• Input material:
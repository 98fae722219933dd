-- ===== src/Text/Case.antt =====
-- Laws of `strings.ToLower` and `strings.ToUpper`.
use middle.Prelude.{[], ◌∷◌, ◌≡◌, refl, ℕ, arith}
use middle.Text.{Text, lower_rune, upper_rune, to_lower, to_upper}

lower_rune_idem : (c : ℕ) → lower_rune (lower_rune c) ≡ lower_rune c
unfolding lower_rune
lower_rune_idem c = ground arith

pub to_lower_idem : (s : Text) → to_lower (to_lower s) ≡ to_lower s
unfolding to_lower
to_lower_idem [] = refl
to_lower_idem (c ∷ s) = cc (lower_rune_idem c, to_lower_idem s)

upper_rune_idem : (c : ℕ) → upper_rune (upper_rune c) ≡ upper_rune c
unfolding upper_rune
upper_rune_idem c = ground arith

pub to_upper_idem : (s : Text) → to_upper (to_upper s) ≡ to_upper s
unfolding to_upper
to_upper_idem [] = refl
to_upper_idem (c ∷ s) = cc (upper_rune_idem c, to_upper_idem s)
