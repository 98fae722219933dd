-- ===== src/Client/Codes.antt =====
-- Codes and the tables of them.
use middle.Prelude.{ℕ, true, false, [], ◌∷◌, All, ◌≡◌, ◌⊎◌, refl, arith, Bool-cases, inl, inr}
use middle.Text.{Text, is_empty, ◌==◌, trim_left, trim_right, trim_space, is_space, to_lower}
use middle.Text.Case.{to_lower_idem}
use middle.Client.{
  Table, put, lookup_name, text_of, put_all, default_client_host_labels, in_code, all_runes,
  matches_code, normalize_client_code, add_hosts,
}

-- A code: a letter or digit, then at most 31 letters, digits, "_", "." and "-", all in lower case.
abbrev pub IsCode : Text → Type 0
IsCode c = matches_code c ≡ true

in_code_no_space : (c : ℕ) → in_code c ≡ true → is_space c ≡ false
unfolding is_space
in_code_no_space c h = ground arith

trim_right-all_runes : (s : Text) → all_runes in_code s ≡ true → trim_right s ≡ s
unfolding all_runes trim_right
trim_right-all_runes [] h = refl
trim_right-all_runes (c ∷ s) h = ground (arith, trim_right-all_runes s, in_code_no_space c)

all_runes_code : (c : ℕ) (s : Text) → IsCode (c ∷ s) → all_runes in_code (c ∷ s) ≡ true
unfolding matches_code all_runes
all_runes_code c s h = ground arith

trim_space-IsCode : (s : Text) → IsCode s → trim_space s ≡ s
unfolding matches_code trim_space trim_left
trim_space-IsCode [] h = absurd (ground arith)
trim_space-IsCode (c ∷ s) h =
    let kept : trim_right (c ∷ s) ≡ c ∷ s = trim_right-all_runes (c ∷ s) (all_runes_code c s h) in
    ground (arith, in_code_no_space c)

pub IsCode-full : (s : Text) → IsCode s → is_empty s ≡ false
unfolding matches_code
IsCode-full [] h = absurd (ground arith)
IsCode-full (c ∷ s) h = refl

normalize_client_code-nil : normalize_client_code [] ≡ []
unfolding normalize_client_code matches_code to_lower trim_space trim_left trim_right
normalize_client_code-nil = refl

pub normalize_client_code_cases :
    (code : Text)
    → (normalize_client_code code ≡ [])
      ⊎ (IsCode (normalize_client_code code)
          × (to_lower (normalize_client_code code) ≡ normalize_client_code code))
unfolding normalize_client_code
normalize_client_code_cases code = elim (Bool-cases (matches_code (to_lower (trim_space code)))) [
  | inl ok ↦ rw ok (inr (ok, to_lower_idem (trim_space code)))
  | inr bad ↦ rw bad (inl refl)
]

normalize_client_code-IsCode : (c : Text) → IsCode c → to_lower c ≡ c → normalize_client_code c ≡ c
unfolding normalize_client_code
normalize_client_code-IsCode c ok lower = rw (trim_space-IsCode c ok, lower, ok) refl

-- What was normalised is its own normal form.
pub normalize_client_code_idem :
    (code : Text) → normalize_client_code (normalize_client_code code) ≡ normalize_client_code code
normalize_client_code_idem code = elim (normalize_client_code_cases code) [
  | inl e ↦ rw e normalize_client_code-nil
  | inr (ok, lower) ↦ normalize_client_code-IsCode (normalize_client_code code) ok lower
]

-- A host that has a client has one with a code.
abbrev pub AllCodes : Table → Type 0
AllCodes = All (λ e. IsCode (e.1))

put-AllCodes : (k v : Text) (m : Table) → IsCode v → AllCodes m → AllCodes (put k v m)
unfolding put
put-AllCodes k v [] h a = (h, tt)
put-AllCodes k v ((k', v') ∷ m) h (h', a) = elim (Bool-cases (k' == k)) [
  | inl e ↦ rw e (h, a)
  | inr e ↦ rw e (h', put-AllCodes k v m h a)
]

pub lookup_name-AllCodes :
    (m : Table) (k : Text)
    → AllCodes m
    → (text_of (lookup_name m k) ≡ []) ⊎ IsCode (text_of (lookup_name m k))
unfolding lookup_name
lookup_name-AllCodes [] k a = inl refl
lookup_name-AllCodes ((k', v) ∷ m) k (h, a) = elim (Bool-cases (k' == k)) [
  | inl e ↦ rw e (inr h)
  | inr e ↦ rw e (lookup_name-AllCodes m k a)
]

pub add_hosts-AllCodes : (pairs m : Table) → AllCodes m → AllCodes (add_hosts pairs m)
unfolding add_hosts
add_hosts-AllCodes [] m a = a
add_hosts-AllCodes ((host, code) ∷ pairs) m a = elim (normalize_client_code_cases code) [
  | inl e ↦ rw e (add_hosts-AllCodes pairs m a)
  | inr (ok, lower) ↦ rw (IsCode-full (normalize_client_code code) ok) (
      add_hosts-AllCodes pairs (put (to_lower host) (normalize_client_code code) m)
        (put-AllCodes (to_lower host) (normalize_client_code code) m ok a))
]

pub default_hosts-AllCodes : AllCodes (put_all default_client_host_labels [])
unfolding put matches_code all_runes ◌==◌
default_hosts-AllCodes = (refl, (refl, (refl, (refl, (refl, (refl, tt))))))
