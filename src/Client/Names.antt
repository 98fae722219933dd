-- ===== src/Client/Names.antt =====
-- What a registration changes.
use middle.Prelude.{
  ◌&&◌, ◌||◌, not, [], ◌∷◌, some, ◌≡◌, ◌≢◌, refl, arith, Bool-cases, inl, inr, if◌then◌else◌,
}
use middle.Text.{Text, is_empty, ◌==◌, trim_space, to_lower}
use middle.Text.Equality.{eq_iff}
use middle.Client.{
  Table, put, lookup_name, Clients, normalize_client_code, register_client, client_name,
}

lookup_name-put :
    (k v : Text) (m : Table) (key : Text)
    → lookup_name (put k v m) key ≡ (if k == key then some v else lookup_name m key)
unfolding put lookup_name
lookup_name-put k v [] key = refl
lookup_name-put k v ((k', v') ∷ m) key = elim (Bool-cases (k' == k)) [
  | inl e ↦ rw e (ground (arith, eq_iff k' k))
  | inr e ↦
      rw e (ground (arith, lookup_name-put k v m key, eq_iff k' k, eq_iff k key, eq_iff k' key))
]

-- After a registration with a code and a name the code has that name, in whatever case it is asked
-- for, and every other code keeps its own.
pub client_name-register_client :
    (code name : Text) (st : Clients) (asked : Text)
    → normalize_client_code code ≢ []
    → trim_space name ≢ []
    → client_name (register_client code name st) asked ≡ (
        if not (is_empty (trim_space asked))
          && normalize_client_code code == to_lower (trim_space asked)
        then trim_space name
        else client_name st asked)
unfolding client_name register_client
client_name-register_client code name st asked hc hn =
    elim (Bool-cases (is_empty (normalize_client_code code) || is_empty (trim_space name))) [
      | inl e ↦ absurd (ground arith)
      | inr e ↦ elim (Bool-cases (is_empty (trim_space asked))) [
        | inl blank ↦ rw (e, blank) refl
        | inr full ↦
            let found =
              lookup_name-put (normalize_client_code code) (trim_space name) st.names
                (to_lower (trim_space asked)) in
            elim (Bool-cases (normalize_client_code code == to_lower (trim_space asked))) [
              | inl same ↦ rw (e, full, found, same) refl
              | inr other ↦ rw (e, full, found, other) refl
            ]
      ]
    ]
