-- ===== src/Tracing/RoundTrip.antt =====
-- src/tracing_adapter.rs: what a subscriber can tell of an event.
use text.Mathlib.Text.{◌==◌ as str_eq}
use text.Mathlib.TextEquality.{eq_iff}
use svc_resillience_rs.Prelude.{
  ◌/◌, ◌*◌, ◌≡◌, refl, false, min, Option, none, some, arith, Duration, u64_max, String, ok,
}
use svc_resillience_rs.Breaker.{CircuitState, closed, opened, half_open}
use svc_resillience_rs.Route.{RouteId, route_id_new}
use svc_resillience_rs.Observability.Labels.{labels}
use svc_resillience_rs.Observability.{
  ResilienceEvent, attempt_admitted, attempt_rejected, attempt_completed, retry_scheduled,
  retry_suppressed, breaker_transition, bulkhead_admission, route_selected, route_failover,
  shadow_sampled, shadow_completed,
}
use svc_resillience_rs.Tracing.{trace, duration_micros, circuit_state, route_text}
use svc_resillience_rs.Tracing.Reader.{read, state_of, route_of}

abbrev pub IsNamed : RouteId → Type 0
IsNamed i = str_eq i.id "" ≡ false

abbrev pub IsNamedIfAny : Option RouteId → Type 0
IsNamedIfAny none = Unit
IsNamedIfAny (some i) = IsNamed i

-- No route of the event has the empty identifier, which `RouteId::new` refuses.
abbrev pub NamesRoutes : ResilienceEvent → Type 0
NamesRoutes (attempt_admitted role i ordinal) = IsNamed i
NamesRoutes (attempt_rejected role i reason) = IsNamedIfAny i
NamesRoutes (attempt_completed role i ordinal outcome latency) = IsNamed i
NamesRoutes (retry_scheduled role i ordinal backoff) = IsNamed i
NamesRoutes (retry_suppressed role i ordinal reason) = IsNamed i
NamesRoutes (breaker_transition role i from to) = IsNamed i
NamesRoutes (bulkhead_admission role i admitted) = IsNamed i
NamesRoutes (route_selected role generation i) = IsNamed i
NamesRoutes (route_failover generation ordinal i j outcome) = IsNamed i × IsNamedIfAny j
NamesRoutes (shadow_sampled generation outcome) = Unit
NamesRoutes (shadow_completed generation i outcome) = IsNamed i
NamesRoutes (ResilienceEvent.logical_deadline_exhausted role stage) = Unit

-- A duration in whole microseconds, at most as many as 64 bits hold.
abbrev pub whole_micros : Duration → Duration
whole_micros d = min (d / 1000) u64_max * 1000

abbrev pub in_micros : ResilienceEvent → ResilienceEvent
in_micros (attempt_completed role i ordinal outcome latency) =
    attempt_completed role i ordinal outcome (whole_micros latency)
in_micros (retry_scheduled role i ordinal backoff) =
    retry_scheduled role i ordinal (whole_micros backoff)
in_micros e = e

duration_micros-whole_micros : (d : Duration) → duration_micros d * 1000 ≡ whole_micros d
unfolding duration_micros
duration_micros-whole_micros d = ground arith

state_of-circuit_state : (s : CircuitState) → state_of (circuit_state s) ≡ some s
unfolding state_of circuit_state
state_of-circuit_state closed = refl
state_of-circuit_state opened = refl
state_of-circuit_state half_open = refl

route_of-IsNamed : (i : RouteId) → IsNamed i → route_of i.id ≡ some i
unfolding route_of
route_of-IsNamed i h = rw h refl

route_of-route_text : (i : Option RouteId) → IsNamedIfAny i → route_of (route_text i) ≡ i
unfolding route_of route_text
route_of-route_text none h = refl
route_of-route_text (some i) h = rw h refl

ruleset readings = (labels, duration_micros-whole_micros, state_of-circuit_state)

-- A subscriber recovers every event whose routes have names, with its durations cut to whole
-- microseconds, at most as many as 64 bits hold.
pub read-trace : (e : ResilienceEvent) → NamesRoutes e → read (trace e).fields ≡ some (in_micros e)
unfolding read trace
read-trace (attempt_admitted role i ordinal) h = simp (readings, route_of-IsNamed i h)
read-trace (attempt_rejected role i reason) h = simp (readings, route_of-route_text i h)
read-trace (attempt_completed role i ordinal outcome latency) h =
    simp (readings, route_of-IsNamed i h)
read-trace (retry_scheduled role i ordinal backoff) h = simp (readings, route_of-IsNamed i h)
read-trace (retry_suppressed role i ordinal reason) h = simp (readings, route_of-IsNamed i h)
read-trace (breaker_transition role i from to) h = simp (readings, route_of-IsNamed i h)
read-trace (bulkhead_admission role i admitted) h = simp (readings, route_of-IsNamed i h)
read-trace (route_selected role generation i) h = simp (readings, route_of-IsNamed i h)
read-trace (route_failover generation ordinal i j outcome) h =
    simp (readings, route_of-IsNamed i h.0, route_of-route_text j h.1)
read-trace (shadow_sampled generation outcome) h = simp readings
read-trace (shadow_completed generation i outcome) h = simp (readings, route_of-IsNamed i h)
read-trace (ResilienceEvent.logical_deadline_exhausted role stage) h = simp readings

-- `RouteId::new` makes no identifier that reads as a missing route.
pub route_id_new-IsNamed : (s : String) (i : RouteId) → route_id_new s ≡ ok i → IsNamed i
unfolding route_id_new
route_id_new-IsNamed s i h = ground (arith, eq_iff s "", eq_iff i.id "")
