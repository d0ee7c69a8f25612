-- ===== src/Tracing/Schema.antt =====
-- src/tracing_adapter.rs: the fields of the trace events, by name.
use text.Mathlib.Text.{◌==◌ as str_eq}
use text.Mathlib.TextPositions.{eq_refl}
use svc_resillience_rs.Prelude.{
  ◌≤◌, ◌≡◌, refl, Bool, true, false, not, ◌&&◌, Option, none, some, List, [], ◌∷◌, map, arith,
  String, if◌then◌else◌, All, Duration, u64_max,
}
use svc_resillience_rs.Breaker.{CircuitState, closed}
use svc_resillience_rs.Route.{RouteId}
use svc_resillience_rs.Metrics.Vocabulary.{
  member, vocabulary, role_member, rejection_member, suppression_member, outcome_member,
  stage_member, sampling_member, or_true,
}
use svc_resillience_rs.Metrics.Series.{routes_of}
use svc_resillience_rs.Observability.{
  ResilienceEvent, attempt_admitted, attempt_rejected, attempt_completed, retry_scheduled,
  retry_suppressed, breaker_transition, bulkhead_admission, route_selected, route_failover,
  shadow_sampled, shadow_completed,
}
use svc_resillience_rs.Tracing.{
  Value, str, number, flag, Fields, trace, circuit_state, duration_micros, route_text,
}

pub data FieldType : Type 0 where
  event_name route_name label integer truth : FieldType

-- What each field holds, whatever event it is a field of.
abbrev pub schema : List (String × FieldType)
schema =
    ("event", event_name)
    ∷ ("role", label)
    ∷ ("reason", label)
    ∷ ("outcome", label)
    ∷ ("from", label)
    ∷ ("to", label)
    ∷ ("stage", label)
    ∷ ("route_id", route_name)
    ∷ ("from_route_id", route_name)
    ∷ ("to_route_id", route_name)
    ∷ ("attempt_ordinal", integer)
    ∷ ("retry_ordinal", integer)
    ∷ ("failover_ordinal", integer)
    ∷ ("generation", integer)
    ∷ ("latency_us", integer)
    ∷ ("backoff_us", integer)
    ∷ ("admitted", truth)
    ∷ []

abbrev pub event_names : List String
event_names =
    "attempt_admitted" ∷ "attempt_rejected" ∷ "attempt_completed" ∷ "retry_scheduled"
    ∷ "retry_suppressed" ∷ "breaker_transition" ∷ "bulkhead_admission" ∷ "route_selected"
    ∷ "route_failover" ∷ "shadow_sampled" ∷ "shadow_completed" ∷ "logical_deadline_exhausted" ∷ []

abbrev type_in : List (String × FieldType) → String → Option FieldType
type_in [] name = none
type_in ((key, type) ∷ rest) name = if str_eq key name then some type else type_in rest name

-- A value of a type. A route's name is one of the event's routes, or empty; a label is of the
-- vocabulary that the labels of the metrics are of; a number fits into 64 bits.
abbrev pub HasType : List RouteId → Option FieldType → Value → Type 0
HasType routes (some event_name) (str s) = member s event_names ≡ true
HasType routes (some label) (str s) = member s vocabulary ≡ true
HasType routes (some route_name) (str s) = member s ("" ∷ map (λ (i : RouteId). i.id) routes) ≡ true
HasType routes (some integer) (number n) = n ≤ u64_max
HasType routes (some truth) (flag b) = Unit
HasType _ _ _ = false ≡ true

abbrev pub IsWellTyped : List RouteId → String × Value → Type 0
IsWellTyped routes (name, value) = HasType routes (type_in schema name) value

-- No name stands twice.
abbrev pub has_distinct_names : Fields → Bool
has_distinct_names [] = true
has_distinct_names ((name, value) ∷ rest) =
    not (member name (map (λ (f : String × Value). f.0) rest)) && has_distinct_names rest

-- The ordinals and the generation of an event are machine integers.
abbrev pub Fits : ResilienceEvent → Type 0
Fits (attempt_admitted role i ordinal) = ordinal ≤ u64_max
Fits (attempt_completed role i ordinal outcome latency) = ordinal ≤ u64_max
Fits (retry_scheduled role i ordinal backoff) = ordinal ≤ u64_max
Fits (retry_suppressed role i ordinal reason) = ordinal ≤ u64_max
Fits (route_selected role generation i) = generation ≤ u64_max
Fits (route_failover generation ordinal i j outcome) = (generation ≤ u64_max) × (ordinal ≤ u64_max)
Fits (shadow_sampled generation outcome) = generation ≤ u64_max
Fits (shadow_completed generation i outcome) = generation ≤ u64_max
Fits _ = Unit

duration_micros-le : (d : Duration) → duration_micros d ≤ u64_max
unfolding duration_micros
duration_micros-le d = ground arith

state_member : (s : CircuitState) → member (circuit_state s) vocabulary ≡ true
unfolding circuit_state
state_member closed = refl
state_member s = refl

route_name_ok : (i : RouteId) (ts : List String) → member i.id ("" ∷ i.id ∷ ts) ≡ true
route_name_ok i ts = simp (eq_refl, or_true)

-- Every field of a trace event has a name of the schema, no name stands twice, and the name alone
-- fixes what the field holds, whatever the event is: the event's name, a label of the fixed
-- vocabulary, the identifier of a route of the event (or an empty text), a truth value, or a number
-- that fits into 64 bits, for an event whose ordinals and generation do.
pub trace-IsWellTyped :
    (e : ResilienceEvent)
    → Fits e
    → All (IsWellTyped (routes_of e)) (trace e).fields
      × (has_distinct_names (trace e).fields ≡ true)
unfolding trace route_text
trace-IsWellTyped (attempt_admitted role i ordinal) fits =
    ((refl, (role_member role, (route_name_ok i [], (fits, tt)))), refl)
trace-IsWellTyped (attempt_rejected role none reason) fits =
    ((refl, (role_member role, (refl, (rejection_member reason, tt)))), refl)
trace-IsWellTyped (attempt_rejected role (some i) reason) fits =
    ((refl, (role_member role, (route_name_ok i [], (rejection_member reason, tt)))), refl)
trace-IsWellTyped (attempt_completed role i ordinal outcome latency) fits = (
  (
    refl,
    (
      role_member role,
      (route_name_ok i [], (fits, (outcome_member outcome, (duration_micros-le latency, tt)))),
    ),
  ),
  refl,
)
trace-IsWellTyped (retry_scheduled role i ordinal backoff) fits = (
  (refl, (role_member role, (route_name_ok i [], (fits, (duration_micros-le backoff, tt))))),
  refl,
)
trace-IsWellTyped (retry_suppressed role i ordinal reason) fits = (
  (refl, (role_member role, (route_name_ok i [], (fits, (suppression_member reason, tt))))),
  refl,
)
trace-IsWellTyped (breaker_transition role i from to) fits = (
  (refl, (role_member role, (route_name_ok i [], (state_member from, (state_member to, tt))))),
  refl,
)
trace-IsWellTyped (bulkhead_admission role i admitted) fits =
    ((refl, (role_member role, (route_name_ok i [], (tt, tt)))), refl)
trace-IsWellTyped (route_selected role generation i) fits =
    ((refl, (role_member role, (fits, (route_name_ok i [], tt)))), refl)
trace-IsWellTyped (route_failover generation ordinal i none outcome) fits =
    ((refl, (fits.0, (fits.1, (route_name_ok i [], (refl, (outcome_member outcome, tt)))))), refl)
trace-IsWellTyped (route_failover generation ordinal i (some j) outcome) fits = (
  (
    refl,
    (
      fits.0,
      (
        fits.1,
        (route_name_ok i (j.id ∷ []), (simp (eq_refl, or_true), (outcome_member outcome, tt))),
      ),
    ),
  ),
  refl,
)
trace-IsWellTyped (shadow_sampled generation outcome) fits =
    ((refl, (fits, (sampling_member outcome, tt))), refl)
trace-IsWellTyped (shadow_completed generation i outcome) fits =
    ((refl, (fits, (route_name_ok i [], (outcome_member outcome, tt)))), refl)
trace-IsWellTyped (ResilienceEvent.logical_deadline_exhausted role stage) fits =
    ((refl, (role_member role, (stage_member stage, tt))), refl)
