-- ===== src/Tests/Observability.antt =====
-- Runs of src/observability.rs, src/metrics_adapter.rs and src/tracing_adapter.rs.
use svc_resillience_rs.Prelude.{
  ℕ, ◌≡◌, refl, none, some, List, [], ◌∷◌, map, All, arith, true, count_by, u64_max, duration_max,
}
use svc_resillience_rs.Breaker.{closed, opened}
use svc_resillience_rs.Route.{RouteId}
use svc_resillience_rs.Observability.{
  ResilienceEvent, primary, shadow, attempt_admitted, attempt_rejected, attempt_completed,
  retry_scheduled, breaker_transition, route_failover, RejectionReason, rejection_as_str,
  outcome_as_str, succeeded, failed, role_as_str, noop_observer, observe_all,
}
use svc_resillience_rs.Metrics.{counter, emissions, metrics_observer}
use svc_resillience_rs.Metrics.Kinds.{counter_name, completion, kind_of, same_kind}
use svc_resillience_rs.Metrics.Totals.{total, recorded, total-observe_all}
use svc_resillience_rs.Metrics.Series.{IsBounded, series_of, emissions-IsBounded}
use svc_resillience_rs.Tracing.{trace, duration_micros}
use svc_resillience_rs.Tracing.Reader.{read}
use svc_resillience_rs.Tracing.RoundTrip.{read-trace}
use svc_resillience_rs.Tracing.Schema.{IsWellTyped, has_distinct_names, trace-IsWellTyped}

abbrev route : RouteId
route = record { id = "primary-a" }

abbrev spare : RouteId
spare = record { id = "primary-b" }

-- A first attempt that fails, a retry, and a move to another route.
abbrev story : List ResilienceEvent
story =
    attempt_admitted primary route 1
    ∷ attempt_completed primary route 1 failed 2_000_500
    ∷ retry_scheduled primary route 1 5_000_000
    ∷ attempt_completed primary route 2 failed 3_000_000
    ∷ breaker_transition primary route closed opened
    ∷ route_failover 17 1 route (some spare) failed
    ∷ attempt_completed primary spare 3 succeeded 1_000_000
    ∷ []

-- Seconds, counted in nanoseconds.
abbrev as_secs : ℕ → ℕ
as_secs d = d

nothing_kept : observe_all (noop_observer {S = ℕ}) 7 story ≡ 7
unfolding observe_all noop_observer
nothing_kept = refl

texts : (role_as_str shadow ≡ "shadow") × (outcome_as_str failed ≡ "failed")
unfolding role_as_str outcome_as_str
texts = (refl, refl)

rejected :
    emissions as_secs (attempt_rejected shadow none RejectionReason.bulkhead_full)
    ≡ counter "softwheel_resilience_attempt_rejected_total"
        (("role", "shadow") ∷ ("route_id", "none") ∷ ("reason", "bulkhead_full") ∷ [])
        1
      ∷ []
unfolding emissions role_as_str rejection_as_str
rejected = refl

total-observe_all_example :
    (total (counter_name completion) (observe_all (metrics_observer as_secs) [] story)
      ≡ count_by (λ e. same_kind (kind_of e) completion) story)
    × (recorded "softwheel_resilience_attempt_latency_seconds"
          (observe_all (metrics_observer as_secs) [] story)
        ≡ 2_000_500 ∷ 3_000_000 ∷ 1_000_000 ∷ [])
    × (recorded "softwheel_resilience_retry_backoff_seconds"
          (observe_all (metrics_observer as_secs) [] story)
        ≡ 5_000_000 ∷ [])
total-observe_all_example = total-observe_all as_secs completion story

abbrev moved : ResilienceEvent
moved = route_failover 17 1 route (some spare) failed

emissions-IsBounded_example :
    All (IsBounded (route ∷ spare ∷ [])) (emissions as_secs moved)
    × (map series_of (emissions as_secs moved)
        ≡ map series_of (emissions as_secs (route_failover 0 0 route (some spare) failed)))
emissions-IsBounded_example = emissions-IsBounded as_secs moved

micros : (duration_micros 2_000_500 ≡ 2000) × (duration_micros duration_max ≡ u64_max)
unfolding duration_micros
micros = (refl, refl)

read-trace_example :
    read (trace (attempt_completed primary route 1 failed 2_000_500)).fields
    ≡ some (attempt_completed primary route 1 failed 2_000_000)
read-trace_example = read-trace (attempt_completed primary route 1 failed 2_000_500) refl

trace-IsWellTyped_example :
    All (IsWellTyped (route ∷ spare ∷ [])) (trace moved).fields
    × (has_distinct_names (trace moved).fields ≡ true)
trace-IsWellTyped_example = trace-IsWellTyped moved (omega arith, omega arith)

• What is required:
Please filter the entries above down to the lines holding "failed" and copy them.

• Written answer:
  outcome_as_str, succeeded, failed, role_as_str, noop_observer, observe_all,
    ∷ attempt_completed primary route 1 failed 2_000_500
    ∷ attempt_completed primary route 2 failed 3_000_000
    ∷ route_failover 17 1 route (some spare) failed
texts : (role_as_str shadow ≡ "shadow") × (outcome_as_str failed ≡ "failed")
moved = route_failover 17 1 route (some spare) failed
        ≡ map series_of (emissions as_secs (route_failover 0 0 route (some spare) failed)))
    read (trace (attempt_completed primary route 1 failed 2_000_500)).fields
    ≡ some (attempt_completed primary route 1 failed 2_000_000)
read-trace_example = read-trace (attempt_completed primary route 1 failed 2_000_500) refl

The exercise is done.